Comments, suggestions, feedback and questions on TREE Data Server
can be sent to George Paul
This document gives an overview of the TREE Data Server system,
including brief specifications, a discussion of the system architecture,
and project status.
The TREE Data Server system provides for capture of real-time financial data
from one or several datafeed services. Tick-level data can be captured for
equities, indexes, futures, and options. Incoming data is translated into
a common internal format that is the same across all supported datafeeds.
Live data is made available to client applications via TCP/IP connections;
therefore, the clients can run on the same machine as the datafeed parser
or different machine(s). Collected data is also stored into a historical
database.
The system has extremely good real-time performance; it copes easily with
a high-speed datafeed, even on machines that are small and slow by current
standards.
The data server code is intended to run on most Unix platforms.
See tree/doc/INSTALL for supported platforms. Client applications
can run on anything that supports TCP networking and NFS.
The code SSS released as open source includes the following
components:
TREE (Trade Research and Execution Environment) is the project name
SSS used for the trading support software. SSS chose to release the data server
and database components of the project as open source, because these
components needed more development effort than SSS could spare for them.
The SSS code base has been updated to support the following platforms
and datafeed:
See tree/README, tree/doc/ib.notes and tree/doc/TODO.
SSS has been using this code in-house for about five years, so the core
components are pretty thoroughly debugged and useful. The administrative
tools are fairly crude and could use a lot more effort --- for example,
enabling collection of a new futures series is not as simple as one could
wish. Better documentation is badly needed as well.

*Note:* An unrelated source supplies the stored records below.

-- ===== src/Tests/Calculator.antt =====
-- Tests of the diff calculator (cmd/diff/diffprocessor/diff_calculator.go).
use crossplane_diff.Prelude.{◌≡◌, refl, sym, subst, inl, inr, none, some, [], ◌∷◌, any, arith}
use crossplane_diff.Text.{Text, codes, text_eq, cut}
use crossplane_diff.GoMap.{GoMap, lookup}
use crossplane_diff.Objects.{object, string, Fields, get}
use crossplane_diff.Objects.Fields.{entry, end}
use crossplane_diff.Types.Key.{ResourceDiff}
use crossplane_diff.Result.{Result, ok}
use crossplane_diff.Compare.Generate.{
  Comparer, generate_diff, text_diff, as_string, clean_of, from_texts, described,
}
use crossplane_diff.Compare.Generate.Total.{ComparerLaws}
use crossplane_diff.Formatter.Lines.{default_diff_options}
use crossplane_diff.Calculator.Single.{
  text_at, calculate_diff, would_be_result, Clients, node, Nodes, leaf, branch,
}
use crossplane_diff.Calculator.Single.Returned.{IsReturning}
use crossplane_diff.Calculator.Removed.{find_below}
use crossplane_diff.Calculator.Removed.Exact.{InNodes, InNode, IsKeyed, IsExact, find_below-IsExact}
use crossplane_diff.Calculator.Composed.{
  composite_of, desired_xr, is_nameless, record_diff, CompositionOutputs, Progress,
  calculate_composed, calculate_non_removal_diffs, calculate_diffs,
}
use crossplane_diff.Calculator.Composed.Kept.{
  IsStep, failures, renders, changes, calculate_composed-exact,
}
use crossplane_diff.Calculator.Merge.{IsMerged, calculate_diffs-IsMerged}
use crossplane_diff.Tests.Cluster.{
  api, lib, comparer_laws, gvk_of, gv_text, string_in, field_at, one_piece, meta_map, meta_text,
  map_in, decode,
}

abbrev pub suffix : Text
suffix = codes "1a2b3c4d5e6f"

abbrev pub resource : Text → Text → Fields
resource kind name = entry (codes "apiVersion") (string (codes "s3/v1")) (
    entry (codes "kind") (string kind) (
      entry (codes "metadata")
        (object (
          entry (codes "name") (string name) (
            entry (codes "annotations")
              (object (entry (codes "crossplane.io/composition-resource-name") (string name) end))
              end)))
        end))

abbrev pub old_bucket : Fields
old_bucket = resource (codes "Bucket") (codes "old")

abbrev pub new_bucket : Fields
new_bucket = resource (codes "Bucket") (codes "new")

-- An XR, which has no composition-resource-name.
abbrev pub xr : Fields
xr = entry (codes "apiVersion") (string (codes "acme/v1")) (
    entry (codes "kind") (string (codes "Store"))
      (entry (codes "metadata") (object (entry (codes "name") (string (codes "shop")) end)) end))

abbrev pub tree : Nodes
tree = branch (node old_bucket leaf) leaf

-- A cluster that has nothing but the tree, and applies an object as it is.
abbrev pub clients : Clients
clients = record {
  fetch_current_object = λ c o. ok none;
  update_owner_refs = λ c o. o;
  managers = λ o. [];
  dry_run_apply = λ o m. ok o;
  get_resource_tree = λ o. ok (node xr tree);
}

abbrev returning : IsReturning clients
returning = record { fetch = λ c o. tt; apply = λ o m. tt }

bucket-IsKeyed : IsKeyed api old_bucket
unfolding gvk_of gv_text string_in field_at get text_eq cut
bucket-IsKeyed = (refl, refl)

pub tree-IsKeyed : (o : Fields) → InNodes o tree → IsKeyed api o
unfolding InNode
tree-IsKeyed o (inl (inl e)) = subst (IsKeyed api) (sym e) bucket-IsKeyed
tree-IsKeyed o (inl (inr below)) = absurd below
tree-IsKeyed o (inr later) = absurd later

find_below-IsExact_example :
    IsExact suffix api lib comparer_laws default_diff_options [] tree
      (find_below suffix api lib default_diff_options [] tree [])
find_below-IsExact_example =
    find_below-IsExact suffix api lib comparer_laws default_diff_options [] tree tree-IsKeyed

abbrev pub nothing : Progress
nothing = record { diffs = []; rendered = []; errs = [] }

calculate_composed-exact_example :
    IsStep api nothing
      (failures suffix api lib clients default_diff_options none (new_bucket ∷ []))
      (λ k. any (renders suffix api lib clients default_diff_options none k) (new_bucket ∷ []))
      (λ k. any (changes suffix api lib clients default_diff_options none k) (new_bucket ∷ []))
      (calculate_composed suffix api lib clients default_diff_options none
        (new_bucket ∷ [])
        nothing)
calculate_composed-exact_example =
    calculate_composed-exact suffix api lib clients default_diff_options none comparer_laws
      returning (new_bucket ∷ []) nothing

abbrev pub outputs : CompositionOutputs
outputs = record { composite_resource = some xr; composed_resources = new_bucket ∷ [] }

-- A marshaller that writes one text for every object.
abbrev pub flat_lib : Comparer
flat_lib = record {
  semantic_equal = lib.semantic_equal;
  marshal = λ o. ok (codes "{}");
  line_diff = lib.line_diff;
}

abbrev flat_laws : ComparerLaws flat_lib
flat_laws = record {
  equal_self = comparer_laws.equal_self;
  marshal_text = λ o. (codes "{}", refl, λ h. absurd (ground (arith, h)));
  differs = comparer_laws.differs;
}

abbrev pub or_nothing : Result Progress → Progress
or_nothing (ok p) = p
or_nothing _ = nothing

abbrev pub calculated : Progress
calculated =
    or_nothing
      (calculate_non_removal_diffs suffix api flat_lib clients default_diff_options xr none outputs)

calculate_diffs-IsMerged_example :
    (m : GoMap ResourceDiff) × (calculate_diffs suffix api flat_lib clients default_diff_options xr
        outputs
      ≡ ok m)
    × IsMerged suffix api flat_lib flat_laws default_diff_options calculated.rendered tree
        calculated.diffs m
unfolding calculate_non_removal_diffs calculate_diff would_be_result generate_diff text_diff
    as_string clean_of from_texts described one_piece text_eq calculate_composed composite_of
    desired_xr is_nameless record_diff text_at meta_map meta_text map_in string_in field_at get
    decode lookup
calculate_diffs-IsMerged_example =
    calculate_diffs-IsMerged suffix api flat_lib flat_laws clients default_diff_options xr xr
      outputs calculated tree refl refl refl tree-IsKeyed
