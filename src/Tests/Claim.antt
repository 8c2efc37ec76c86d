-- ===== src/Tests/Claim.antt =====
-- Tests of the merged spec of a claim (cmd/diff/diffprocessor/diff_processor.go).
use crossplane_diff.Prelude.{◌≡◌, refl, if◌then◌else◌}
use crossplane_diff.Text.{codes, text_eq}
use crossplane_diff.Objects.{string, Fields, get, put, has}
use crossplane_diff.Objects.Fields.{entry, end}
use crossplane_diff.Result.{ok}
use crossplane_diff.Processor.Claim.{
  build_merged_spec, preserve_revision, preserve_missing, preserve_always, take_from,
}
use crossplane_diff.Processor.Claim.Merged.{from_xr, build_merged_spec-field}

abbrev claim_spec : Fields
claim_spec = entry (codes "size") (string (codes "big")) end

abbrev xr_spec : Fields
xr_spec = entry (codes "claimRef") (string (codes "c")) (
    entry (codes "legacy") (string (codes "x"))
      (entry (codes "compositionRevisionRef") (string (codes "r1")) end))

build_merged_spec-field_example :
    (m : Fields) × (build_merged_spec claim_spec xr_spec (ok (codes "Manual")) ≡ ok m)
    × (get (codes "compositionRevisionRef") m ≡ (
        if from_xr claim_spec xr_spec (codes "Manual") (codes "compositionRevisionRef")
        then get (codes "compositionRevisionRef") xr_spec
        else get (codes "compositionRevisionRef") claim_spec))
build_merged_spec-field_example =
    build_merged_spec-field claim_spec xr_spec (codes "Manual") (codes "compositionRevisionRef")

-- The field that the claim no longer has is gone.
merged :
    build_merged_spec claim_spec xr_spec (ok (codes "Manual"))
    ≡ ok (
        entry (codes "size") (string (codes "big")) (
          entry
            (codes "claimRef")
            (string (codes "c"))
            (entry (codes "compositionRevisionRef") (string (codes "r1")) end)))
unfolding build_merged_spec preserve_revision preserve_missing preserve_always take_from text_eq get
    put has
merged = refl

We expect that the initial thrust of open-source development will be on
smoothing out portability glitches (as the code is used on platforms we
haven't tried), interfacing to new datafeed services, and design of a
widely useful client-side interface library. (Our own client-side code
is tightly integrated into applications that we don't intend to release,
and probably wouldn't be very useful to other developers anyway.)
Further down the road, things that we hope to see developed in the
open-source project include:
A running TREE system contains the following components:
In typical usage of the system, client applications read historical data
(everything up through yesterday's close) directly from the permanent
database files. Activity since yesterday's close can be retrieved from
the tick holding area via a data server, and the server provides a smooth
transition into reading live ticks as the application runs in real time.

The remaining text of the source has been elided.